Context: In my master thesis, I am examining the evolution of maintainability issues over time on a set of around 2000 Android applications. For every application in the dataset, I have the counts of reported maintainability issues for each week of the application’s lifetime.
Furthermore, for every application I am fitting different regression models on the data (linear, quadratic, cubic, quartic) to obtain fitted model coefficients for each app’s evolution of maintainability issues.

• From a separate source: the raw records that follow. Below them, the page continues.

-- ===== src/Dfa/Build/Gathers.antt =====
-- What the loops over destinations gather for one transition of a DFA state.
use mathlib.Core.Bool.{true≢false}
use mathlib.Core.List.{Memᴰ}
use mathlib.Core.Path.{subst}
use tesla.Base.{
  ==_iff, ==_self, List, Returns-Yields, Yields, Yields-assert, Yields-bind, Yields-if, Yields-ok,
  [], ap, contains, each_run, false, inl, inr, length, length-replicate, not, ok, refl, replicate,
  suc, sym, true, zero, ℕ, ◌<◌, ◌↔◌, ◌∙◌, ◌∷◌, ◌≡◌, ◌⊎◌,
}
use tesla.Automata.{GraphTransition, Label, equivalent}
use tesla.Automata.Equivalent.{equivalent_self}
use tesla.Automata.Graph.{Graph}
use tesla.Dfa.{Frontier, collect_frontier, has_state}
use tesla.Dfa.Build.{Gather, Round, add_destination, destinations, gather}
use tesla.Dfa.Build.Via.{Equivalents, Gathers, Gathers-cons, Gathers-none, Gathers-skip, To, Via}
use tesla.Dfa.Marks.{Adds, accepts}
use tesla.Dfa.Reach.{EpsilonPath, Layered, Solid, Solid-direct, collect_frontier-Adds}

module _ (depth : ℕ) (nfa : Graph) (rank : ℕ → ℕ) (layers : Layered nfa rank)
    (deep : (s : ℕ) → s < length nfa.states → rank s < depth) where
  abbrev Staying : List GraphTransition → Type 0
  Staying ts = (t : GraphTransition) → Memᴰ t ts → t.to < length nfa.states

  pub frontier-Adds :
      (s : ℕ) (f : Frontier)
      → s < length nfa.states
      → length f.members ≡ length nfa.states
      → Yields (collect_frontier depth nfa s f) (Adds nfa (EpsilonPath nfa s) (λ j. s ≡ j) f)
  frontier-Adds s f h w =
      Returns-Yields (Adds nfa (EpsilonPath nfa s) (λ j. s ≡ j) f) (collect_frontier depth nfa s f)
        (collect_frontier-Adds nfa rank depth s f layers h w (deep s h))

  -- What one transition gathers: its destination, if it is equivalent.
  abbrev Gathered : Label → GraphTransition → Gather → Gather → Type 0
  Gathered l t a a' =
      ((equivalent t.label l ≡ true)
        × (f : Frontier) × Adds nfa (EpsilonPath nfa t.to) (λ j. t.to ≡ j) a.frontier f
        × (a' ≡ record { frontier = f; gathered = t.address ∷ a.gathered }))
      ⊎ ((equivalent t.label l ≡ false) × (a' ≡ a))

  gather-Gathered :
      (l : Label) (t : GraphTransition) (a : Gather)
      → t.to < length nfa.states
      → length a.frontier.members ≡ length nfa.states
      → Yields (gather depth nfa l t a) (Gathered l t a)
  unfolding gather add_destination
  gather-Gathered l t a h w =
      Yields-if (Gathered l t a) (equivalent t.label l) (add_destination depth nfa t a) (ok a)
        (λ same. Yields-assert (Gathered l t a) (not (contains a.gathered t.address)) _ λ _.
          Yields-bind (Adds nfa (EpsilonPath nfa t.to) (λ j. t.to ≡ j) a.frontier) (Gathered l t a)
            (collect_frontier depth nfa t.to a.frontier) _ (frontier-Adds t.to a.frontier h w)
            λ f adds. Yields-ok (Gathered l t a) _ (inl (same, f, adds, refl)))
        (λ other. Yields-ok (Gathered l t a) a (inr (other, refl)))

  pub gather-Gathers :
      (l : Label) (ts : List GraphTransition) (a : Gather)
      → Staying ts
      → length a.frontier.members ≡ length nfa.states
      → Yields (each_run (gather depth nfa l) ts a) (Gathers nfa ts l a)
  gather-Gathers l [] a stay w = Yields-ok (Gathers nfa [] l a) a (Gathers-none nfa l a)
  gather-Gathers l (t ∷ ts) a stay w =
      Yields-bind (Gathered l t a) (Gathers nfa (t ∷ ts) l a) (gather depth nfa l t a) _
        (gather-Gathered l t a (stay t (Memᴰ.head refl)) w)
        λ a₁ one a' e. elim one [
          | inl (same, f, adds, is) ↦ Gathers-cons nfa t ts l a f a' same adds (
              gather-Gathers l ts (record { frontier = f; gathered = t.address ∷ a.gathered })
                (λ u m. stay u (Memᴰ.tail m)) (adds.width ∙ w) a'
                (subst (λ x. each_run (gather depth nfa l) ts x ≡ ok a') is e))
          | inr (other, is) ↦ Gathers-skip nfa t ts l a a' other (
              gather-Gathers l ts a (λ u m. stay u (Memᴰ.tail m)) w a'
                (subst (λ x. each_run (gather depth nfa l) ts x ≡ ok a') is e))
        ]

  -- The destinations of a transition and its equivalents, and their addresses.
  pub record Collected (t : GraphTransition) (others : List GraphTransition) (r : Round)
      (a : Gather) : Type 0 where
    pub exact : (j : ℕ) → has_state a.frontier.members j ≡ true ↔ Via nfa (t ∷ others) t.label j
    pub wide : length a.frontier.members ≡ length nfa.states
    pub accepting :
        (j : ℕ)
        → has_state a.frontier.members j ≡ true
        → accepts nfa j ≡ true
        → Solid nfa j
        → a.frontier.final ≡ true
    pub kept : (n : ℕ) → contains r.finished_transitions n ≡ true → contains a.gathered n ≡ true
    pub new : (n : ℕ) → Equivalents (t ∷ others) t.label n → contains a.gathered n ≡ true
    pub only :
        (n : ℕ)
        → contains a.gathered n ≡ true
        → (contains r.finished_transitions n ≡ true) ⊎ Equivalents (t ∷ others) t.label n

  has_state-none : (n j : ℕ) → has_state (replicate n false) j ≡ false
  has_state-none zero j = refl
  has_state-none (suc n) zero = refl
  has_state-none (suc n) (suc j) = has_state-none n j

  -- The states of a frontier that began with none.
  pub frontier-exact :
      (f r : Frontier) (P Q : ℕ → Type 0) (n : ℕ)
      → f.members ≡ replicate n false
      → Adds nfa P Q f r
      → (j : ℕ) → has_state r.members j ≡ true ↔ P j
  frontier-exact f r P Q n empty adds j = (
    λ h. elim ((adds.members j).only h) [
      | inl old ↦
          absurd (true≢false (sym old ∙ ap (λ ns. has_state ns j) empty ∙ has_state-none n j))
      | inr (i, p, same) ↦ subst P ((==_iff i j).0 same) p
    ],
    λ p. (adds.members j).new j p (==_self j),
  )

  pub destinations-Collected :
      (t : GraphTransition) (others : List GraphTransition) (r : Round)
      → Staying (t ∷ others)
      → Yields (destinations depth nfa t others r) (Collected t others r)
  unfolding destinations
  destinations-Collected t others r stay =
      let f₀ : Frontier = record {
        members = replicate (length nfa.states) false;
        start = r.start;
        final = r.final;
      } in
      let w₀ = length-replicate (length nfa.states) false in
      let a₀ : Gather = record { frontier = f₀; gathered = r.finished_transitions } in
      Yields-bind (Adds nfa (EpsilonPath nfa t.to) (λ j. t.to ≡ j) f₀) (Collected t others r)
        (collect_frontier depth nfa t.to f₀) _ (frontier-Adds t.to f₀ (stay t (Memᴰ.head refl)) w₀)
        λ f adds a e.
          let all = Gathers-cons nfa t others t.label a₀ f a (equivalent_self t.label) adds (
            gather-Gathers t.label others
              (record { frontier = f; gathered = t.address ∷ r.finished_transitions })
              (λ u m. stay u (Memᴰ.tail m)) (adds.width ∙ w₀) a e) in
          let exact =
            frontier-exact f₀ a.frontier (Via nfa (t ∷ others) t.label) (To (t ∷ others) t.label)
              (length nfa.states) refl all.adds in
          record {
            exact = exact;
            wide = all.adds.width ∙ w₀;
            accepting = λ j h acc solid.
                let (u, m, same, path) = (exact j).0 h in
                all.adds.final.new j (u, m, same, Solid-direct nfa u.to j solid path) acc;
            kept = all.kept;
            new = all.new;
            only = all.only;
          }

In order to cluster the apps based on their similarity, the idea is to apply the K-means clustering algorithm, with regression model coefficients as inputs. In this way, I am hoping that K-means will automatically cluster the applications based on their similarities in the fitted models.
Since this is my first encounter with machine learning techniques, my question is: Is this a viable approach? Does it make sense to feed
the regression coefficients to k-means? Or should I just feed the raw data points?
Thanks in advance!
Best Answer
I had a very similar question and resources to answer it are thin on the ground. However this paper will be of use.
Basically, I believe it is OK to use the approach you suggested - although I don't think I would want to cluster linear models along with quadratic etc., I think clustering like with like makes more sense. While there's little info on stackexchange and other online statistics resources, this kind of clustering regression outputs has seen use in the academic community.
EDIT - Here's a relevant excerpt from the abstract (emphasis added):
The paper is Tarpey, Thaddeus. “Linear Transformations and the k-Means Clustering Algorithm: Applications to Clustering Curves.” The American Statistician 61.1 (2007): 34–40. PMC. Web. 10 Jan. 2018.